Wirtschaft

Gekündigte Lebensversicherungen Allianz soll nachzahlen

Die wenigsten Kunden lesen Versicherungsverträge richtig durch. Das liegt sicher auch daran, dass die Klauseln allenfalls für Fachleute durchschaubar sind. Das Landgericht Stuttgart hat jetzt Versicherungsbedingungen der Allianz für unwirksam erklärt. Für frühere Kunden könnte das mehr Geld bedeuten.

Zunächst wird nicht gespart, sondern abbezahlt.

Zunächst wird nicht gespart, sondern abbezahlt.

(Foto: picture-alliance/ dpa)

Wer eine Renten- oder Kapitallebensversicherung abschließt, will später einmal mehr Geld herauskriegen, als er eingezahlt hat. Dank Garantieverzinsung klappt das auch – sofern man bis zum Ende der Laufzeit durchhält. Kehrt man der Versicherung allerdings vorher den Rücken, wird der Vertrag zum Verlustgeschäft. In den ersten fünf Jahren zahlt man die Abschlusskosten ab, die Beiträge werden also nur zum Teil fürs Sparen verwendet. Außerdem berechnet der Anbieter bei Kündigung Stornokosten. Das alles kann man in den Versicherungsverträgen nachlesen – vorausgesetzt, man versteht sie.

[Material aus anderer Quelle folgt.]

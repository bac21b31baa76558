-- ===== src/Guest/Netperf.antt =====
-- _process_netperf_result, the netperf server and client, execute_netperf_ipv4 and
-- execute_netperf_ipv6 (resources/libraries/python/guest.py).
use cne_ovs_sit.Base.{
  String, Bool, true, false, List, [], ◌∷◌, Option, none, some, fstr, append, readlines, is_zero,
  runtime_error, some, pure, raise, ◌>>=◌, ◌>>◌, if◌then◌else◌,
}
use cne_ovs_sit.Ssh.{Env}
use cne_ovs_sit.Machine.State.{VirtualMachine}
use cne_ovs_sit.Guest.Scan.{opt_then, spaces, digits, literal, search}
use cne_ovs_sit.Guest.Exec.{Session, execute, execute_, kill_process}
use cne_ovs_sit.Guest.Udp.{Ip, show_ip, family_option}

-- `\d+(?:\.\d+)?`
unfoldable pub real : String → Option (String × String)
unfolding literal
real s = opt_then (digits s) (λ p. elim (opt_then (literal "." p.1) digits) [
  | none ↦ some p
  | some (fraction, back) ↦ some (append p.0 (append "." fraction), back)
])

-- Four numbers and a real one, each with spaces behind it, then the real number of the result.
abbrev skip_number : String → Option String
skip_number s = opt_then (digits s) (λ p. spaces p.1)

abbrev result_in_line : String → Option String
result_in_line s = opt_then (skip_number s) (λ s. opt_then (skip_number s) (λ s.
    opt_then (skip_number s) (λ s. opt_then (skip_number s) (λ s.
      opt_then (real s) (λ p. opt_then (spaces p.1) (λ s. opt_then (real s) (λ q. some q.0)))))))

-- `0` where no line has the form.
unfoldable pub netperf_result_of : List String → String
unfolding search real
netperf_result_of [] = "0"
netperf_result_of (line ∷ lines) =
    let rest = netperf_result_of lines in
    elim (search result_in_line line) [ none ↦ rest | some r ↦ r ]

unfoldable pub process_netperf_result : String → String
unfolding netperf_result_of
process_netperf_result stdout = netperf_result_of (readlines stdout)

module _ (env : Env) where
  unfoldable pub start_netperf_server : VirtualMachine → Bool → Session (Unit {0})
  unfolding execute
  start_netperf_server vm ipv4 = execute_ env vm (fstr ("netserver " ∷ family_option ipv4 ∷ []))

  unfoldable pub stop_netperf_server : VirtualMachine → Session (Unit {0})
  stop_netperf_server vm = kill_process env vm "netserver"

  -- `none` is `(False, -1)`.
  unfoldable pub run_netperf_client : VirtualMachine → Ip → String → Session (Option String)
  unfolding execute show_ip process_netperf_result
  run_netperf_client vm server_ip testname =
      execute env vm (fstr ("netperf -H " ∷ show_ip env server_ip ∷ " -l 10 -t " ∷ testname ∷ []))
        30 true (some false)
      >>= λ answer.
          if is_zero answer.ret_code
          then pure (some (process_netperf_result (elim answer.stdout [ none ↦ "" | some s ↦ s ])))
          else pure none

  netperf_test : Bool → String → VirtualMachine → VirtualMachine → Ip → String → Session String
  unfolding start_netperf_server run_netperf_client stop_netperf_server
  netperf_test ipv4 label vm server_vm server_ip testname = do
    start_netperf_server server_vm ipv4
    found ← run_netperf_client vm server_ip testname
    stop_netperf_server server_vm
    elim found [
      | none ↦ raise (runtime_error "NetPerf Not Successful")
      | some r ↦ pure (fstr (label ∷ r ∷ " Tran/sec" ∷ []))
    ]

  unfoldable pub execute_netperf_ipv4 :
      VirtualMachine → VirtualMachine → Ip → String → Session String
  unfolding netperf_test
  execute_netperf_ipv4 = netperf_test true "TCP_RR ipv4 "

  unfoldable pub execute_netperf_ipv6 :
      VirtualMachine → VirtualMachine → Ip → String → Session String
  unfolding netperf_test
  execute_netperf_ipv6 = netperf_test false "TCP_RR ipv6 "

Bei der Allianz Lebensversicherungs-AG – und nicht nur da - wird das Versicherungslaien ziemlich schwer gemacht. Nach einer Klage der Verbraucherzentrale Hamburg hat das  Landgericht Stuttgart jetzt entschieden, dass die verwendeten Klauseln zur Kündigung, zur Beitragsfreistellung und zum Stornoabzug intransparent und damit unwirksam sind. (Az.: 20 O 87/10)

Problem ist nicht neu

Schon im Jahr 2005 hatte der Bundesgerichtshof Klauseln beanstandet, die bis zum Sommer 2001 verwendet worden waren. Doch auch danach sind die Verträge nicht viel verständlicher geworden. Im aktuellen Verfahren des Landgerichts ging es um Klauseln, die seit dem 1. Juli 2001 in den Allianz-Verträgen stehen.  "Der Verbraucher kann auch bei Wahrung der gebotenen Aufmerksamkeit und Sorgfalt nicht klar erkennen, welche wirtschaftlichen Folgen eine Kündigung der Versicherung bzw. der Wunsch nach einer Beitragsfreistellung hat", bemängeln die Richter in ihrer Urteilsbegründung.

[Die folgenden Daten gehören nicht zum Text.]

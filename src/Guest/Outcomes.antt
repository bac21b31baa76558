-- ===== src/Guest/Outcomes.antt =====
-- How Guest.execute and the pings end (resources/libraries/python/guest.py).
use cne_ovs_sit.Base.{
  ℕ, String, Bool, true, false, Option, none, some, is_zero, io_error, Result, ok, err, ◌≡◌, ◌⊎◌,
}
use cne_ovs_sit.Ssh.{Call, Outcome, done, connect_failed, ssh_failed, timed_out, sudo_command}
use cne_ovs_sit.Machine.State.{VirtualMachine}
use cne_ovs_sit.Guest.Exec.{Answer, minus_one, timeout_for}

-- The command as it is handed over.
abbrev pub guest_call : VirtualMachine → String → ℕ → Bool → Option Bool → Call
guest_call vm cmd timeout sudo exp_fail = record {
  node = vm.ssh_info;
  command = sudo_command sudo cmd;
  timeout = timeout_for exp_fail timeout;
}

-- What the caller gets of each way that a command can end: a failing code becomes -1 and the output
-- stays, a timeout counts as a failure without output, a lost connection as one with none; only where
-- no connection is made an exception passes.
abbrev pub Tells : Outcome → Result Answer → Type 0
Tells (done reply) r =
    (a : Answer) × (r ≡ ok a)
    × ((is_zero reply.ret_code ≡ true) × (a.ret_code ≡ reply.ret_code)
        ⊎ (is_zero reply.ret_code ≡ false) × (a.ret_code ≡ minus_one))
    × (a.stdout ≡ some reply.stdout)
    × (a.stderr ≡ some reply.stderr)
Tells connect_failed r = r ≡ err io_error
Tells ssh_failed r = r ≡ ok (record { ret_code = minus_one; stdout = none; stderr = none })
Tells timed_out r = r ≡ ok (record { ret_code = minus_one; stdout = some ""; stderr = some "" })
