-- ===== src/Guest/Rates.antt =====
-- What _verify_iperf_result (resources/libraries/python/guest.py) makes of the rates of a run.
use cne_ovs_sit.Base.{
  ℕ, ◌+◌, ◌≤◌, ◌&&◌, Bool, true, false, List, [], ◌∷◌, Option, none, some, ltb, Result, ok, ◌≡◌,
  refl, ap, ◌∙◌, inl, inr, Bool-cases, if◌then◌else◌, arith,
}
use cne_ovs_sit.Guest.Iperf.{
  Decimal, Numeral, float_of, is_zero_rate, zeros_with, Scanned, check_rates,
}

-- The rates that are zero, and the last rate behind one that is known.
abbrev pub zero_rates : List Decimal → ℕ
zero_rates [] = 0
zero_rates (d ∷ ds) = (if is_zero_rate d then 1 else 0) + zero_rates ds

abbrev pub last_rate : Decimal → List Decimal → Decimal
last_rate bw [] = bw
last_rate bw (d ∷ ds) = last_rate d ds

-- The texts are these numbers.
abbrev pub Reads : List Numeral → List Decimal → Type 0
Reads [] [] = Unit
Reads [] (d ∷ ds) = ⊥
Reads (n ∷ ns) [] = ⊥
Reads (n ∷ ns) (d ∷ ds) = (float_of n ≡ ok d) × Reads ns ds

-- One round of the loop, where the rest of it is as it should be as long as it is reached.
round :
    (b : Bool) (cnt zs : ℕ) (bw : Decimal) (later : Result (Option Decimal))
    → cnt ≤ 5
    → ((if b then cnt + 1 else cnt) ≤ 5
        → later ≡ ok (if ltb 5 ((if b then cnt + 1 else cnt) + zs) then none else some bw))
    → (if b && ltb 5 (if b then cnt + 1 else cnt) then ok none else later)
      ≡ ok (if ltb 5 (cnt + ((if b then 1 else 0) + zs)) then none else some bw)
round false cnt zs bw later few rest =
    rest few ∙ ap (λ n. ok (if ltb 5 n then none else some bw)) (omega arith)
round true cnt zs bw later few rest = elim (Bool-cases (ltb 5 (cnt + 1))) [
  | inl over ↦ let total : ltb 5 (cnt + (1 + zs)) ≡ true = ground arith in rw (over, total) refl
  | inr under ↦
      let small : cnt + 1 ≤ 5 = ground arith in
      rw under (rest small ∙ ap (λ n. ok (if ltb 5 n then none else some bw)) (omega arith))
]

-- Without an expected rate, which is how the tests call it, the loop gives the last rate where at most
-- five rates are zero, and is refused where more are.
pub check_rates-zero_rates :
    (s : Scanned) (ns : List Numeral) (ds : List Decimal)
    → s.zero_cnt ≤ 5
    → Reads ns ds
    → check_rates 0 s ns
      ≡ ok (if ltb 5 (s.zero_cnt + zero_rates ds) then none else some (last_rate s.bw ds))
unfolding check_rates
check_rates-zero_rates s [] [] few reads =
    let total : ltb 5 (s.zero_cnt + 0) ≡ false = ground arith in rw total refl
check_rates-zero_rates s [] (d ∷ ds) few reads = elim reads [ ]
check_rates-zero_rates s (n ∷ ns) [] few reads = elim reads [ ]
check_rates-zero_rates s (n ∷ ns) (d ∷ ds) few reads =
    let (read, more) = reads in
    let next : Scanned = record { bw = d; zero_cnt = zeros_with s d; first_one = false } in
    rw read (
      round (is_zero_rate d) s.zero_cnt (zero_rates ds) (last_rate d ds) (check_rates 0 next ns) few
        (λ small. check_rates-zero_rates next ns ds small more))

Die Allianz prüft derzeit eine Berufung, noch ist das Urteil also nicht rechtssicher. Falls der Richterspruch auch in höheren Instanzen bestätigt wird, können sich Kunden, die ihre Allianz-Lebens- oder Rentenversicherung gekündigt haben, Nachschlag sichern. Dann muss die Versicherung den Rückkaufwert neu berechnen und gegebenenfalls die Stornokosten zurückzahlen. „Wir schätzen, dass die Allianz mindestens 1,3 Mrd. Euro an ihre Ex-Kunden zu erstatten hat“, sagt die Versicherungsexpertin Edda Castelló von der Verbraucherzentrale Hamburg. 

Ex-Kunden sollten sich beeilen

Wer sich den Anspruch auf Rückzahlung sichern will, sollte allerdings bald aktiv werden. "Der Versicherer wird seine ehemaligen Kunden nicht aktiv informieren“, warnt Castello, deshalb sollten Betroffene ihre Ansprüche per Musterbrief anmelden. Bei Verträgen, die zwischen 2005 und 2007 gekündigt wurden, droht außerdem schon Ende des Jahres Verjährung. Deshalb sollten Kunden sofort zum Anwalt gehen, um die Verjährung auszusetzen.

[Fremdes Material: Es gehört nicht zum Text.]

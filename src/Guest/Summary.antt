-- ===== src/Guest/Summary.antt =====
-- _verify_ping_result on the summary that ping prints (resources/libraries/python/guest.py).
use Prim.Native.Char.{Char}
use cne_ovs_sit.Base.{
  ℕ, String, true, false, not, Option, none, some, append, show, unsigned, is_digit, is_space,
  AllDigits, AllDigits-show, unsigned-show, ltb, ◌==◌, ok, ◌≡◌, refl, ap, ◌∙◌, if◌then◌else◌, arith,
}
use cne_ovs_sit.Guest.Scan.{
  opt_then, if_any, span, some_of, blanks, digits, literal, search, number_of,
}
use cne_ovs_sit.Guest.Ping.{count_before, verify_ping_result}

digit-not_space : (c : Char) → is_digit c ≡ true → is_space c ≡ false
digit-not_space c h = ground arith

span-append :
    (ds : String) (c : Char) (s : String)
    → AllDigits ds
    → is_digit c ≡ false
    → span is_digit (append ds (String.◌∷◌ c s)) ≡ (ds, String.◌∷◌ c s)
unfolding span append
span-append String.[] c s h end = rw end refl
span-append (String.◌∷◌ d ds) c s h end = rw (span-append ds c s h.1 end, h.0) refl

digits-append :
    (ds : String) (c : Char) (s : String) (n : ℕ)
    → AllDigits ds
    → unsigned ds ≡ some n
    → is_digit c ≡ false
    → digits (append ds (String.◌∷◌ c s)) ≡ some (ds, String.◌∷◌ c s)
unfolding some_of unsigned
digits-append String.[] c s n h number end = cc
digits-append (String.◌∷◌ d ds) c s n h number end =
    ap if_any (span-append (String.◌∷◌ d ds) c s h end)

search-append :
    (label : String) (ds : String) (s : String)
    → AllDigits ds
    → search (count_before label) (append ds s) ≡ search (count_before label) s
unfolding search append some_of span
search-append label String.[] s h = refl
search-append label (String.◌∷◌ d ds) s h =
    rw (search, digit-not_space d h.0) (search-append label ds s h.1)

span_blank-append :
    (ds : String) (s : String) (n : ℕ)
    → AllDigits ds
    → unsigned ds ≡ some n
    → span is_space (append ds s) ≡ ("", append ds s)
unfolding span append unsigned
span_blank-append String.[] s n h number = cc
span_blank-append (String.◌∷◌ d ds) s n h number = rw (span, digit-not_space d h.0) refl

blanks-one :
    (b : Char) (s : String)
    → is_space b ≡ true
    → span is_space s ≡ ("", s)
    → blanks (String.◌∷◌ b s) ≡ some s
unfolding some_of span
blanks-one b s blank next = rw (some_of, span, blank, next) refl

black_span :
    (c : Char) (s : String)
    → is_space c ≡ false
    → span is_space (String.◌∷◌ c s) ≡ ("", String.◌∷◌ c s)
unfolding span
black_span c s black = rw (span, black) refl

-- A blank, a number, a space, and the label or not.
count_before-number :
    (label : String) (b c : Char) (n : ℕ) (s : String)
    → is_space b ≡ true
    → is_space c ≡ false
    → count_before label (String.◌∷◌ b (append (show n) (append " " (String.◌∷◌ c s))))
      ≡ opt_then (literal label (String.◌∷◌ c s)) (λ s. some (show n))
unfolding append
count_before-number label b c n s blank black =
    ap
      (λ o. opt_then o (λ s.
        opt_then (digits s)
          (λ p. opt_then (blanks p.1) (λ s. opt_then (literal label s) (λ s. some p.0)))))
      (blanks-one b _ blank (
        span_blank-append (show n) (append " " (String.◌∷◌ c s)) n (AllDigits-show n)
          (unsigned-show n)))
    ∙ ap
        (λ o.
          opt_then o (λ p. opt_then (blanks p.1) (λ s. opt_then (literal label s) (λ s. some p.0))))
        (digits-append (show n) _ _ n (AllDigits-show n) (unsigned-show n) refl)
    ∙ ap (λ o. opt_then o (λ s'. opt_then (literal label s') (λ s. some (show n))))
        (blanks-one _ _ refl (black_span c s black))

abbrev pub summary : ℕ → ℕ → String → String
summary sent recv rest = append "\n" (
    append (show sent)
      (append " packets transmitted, " (append (show recv) (append " received" rest))))

number_of-show : (n : ℕ) → number_of (show n) ≡ n
unfolding number_of
number_of-show n = rw (number_of, unsigned-show n) refl

module _ {A : Type 0} (match : String → Option A) (c : Char) (s : String) where
  search-found : {a : A} → match (String.◌∷◌ c s) ≡ some a → search match (String.◌∷◌ c s) ≡ some a
  unfolding search
  search-found h = rw (search, h) refl

  search-skip : match (String.◌∷◌ c s) ≡ none → search match (String.◌∷◌ c s) ≡ search match s
  unfolding search
  search-skip h = rw (search, h) refl

search-sent :
    (sent recv : ℕ) (rest : String)
    → search (count_before "packets transmitted") (summary sent recv rest) ≡ some (show sent)
unfolding append literal
search-sent sent recv rest =
    search-found (count_before "packets transmitted") _ _
      (count_before-number "packets transmitted" _ _ sent _ refl refl)

skip_sent :
    (sent : ℕ) (more : String)
    → search
        (count_before "received")
        (append "\n" (append (show sent) (append " packets transmitted," more)))
      ≡ search (count_before "received") (append (show sent) (append " packets transmitted," more))
unfolding append literal
skip_sent sent more =
    search-skip (count_before "received") _ _ (count_before-number "received" _ _ sent _ refl refl)

skip_words :
    (more : String)
    → search (count_before "received") (append " packets transmitted," more)
      ≡ search (count_before "received") more
unfolding append literal search some_of span
skip_words more = refl

found_recv :
    (recv : ℕ) (rest : String)
    → search (count_before "received") (append " " (append (show recv) (append " received" rest)))
      ≡ some (show recv)
unfolding append literal
found_recv recv rest =
    search-found (count_before "received") _ _ (count_before-number "received" _ _ recv _ refl refl)

search-recv :
    (sent recv : ℕ) (rest : String)
    → search (count_before "received") (summary sent recv rest) ≡ some (show recv)
unfolding append
search-recv sent recv rest =
    let more = append " " (append (show recv) (append " received" rest)) in
    skip_sent sent more
    ∙ search-append "received" (show sent) (append " packets transmitted," more)
        (AllDigits-show sent)
    ∙ skip_words more
    ∙ found_recv recv rest

-- The verdict on a summary with the two counts, whatever follows it: the pings that were expected were
-- sent, and no fewer came back.
pub verify_ping_result-summary :
    (sent recv exp_cnt : ℕ) (rest : String)
    → verify_ping_result (summary sent recv rest) exp_cnt
      ≡ ok (if sent == exp_cnt then not (ltb recv exp_cnt) else false)
unfolding verify_ping_result
verify_ping_result-summary sent recv exp_cnt rest =
    rw
      (
        verify_ping_result,
        search-sent sent recv rest,
        search-recv sent recv rest,
        number_of-show sent,
        number_of-show recv,
      )
      refl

Die Allianz ist nicht die einzige Versicherung mit umstrittenen Klauseln. Ähnliche Urteile wie das Landgericht Stuttgart hat das Hanseatische Oberlandesgericht gegen Ergo, Generali, Iduna und den Deutschen Ring gefällt. Letztlich wird die Frage der vorzeitigen Kündigung vorm Bundesgerichtshof landen. Er wird entscheiden, ob sich Versicherte auch weiterhin mit Mini-Rückkaufswerten begnügen müssen oder auch einen Totalverlust riskieren, wenn sie nicht bis zum Ende zahlen.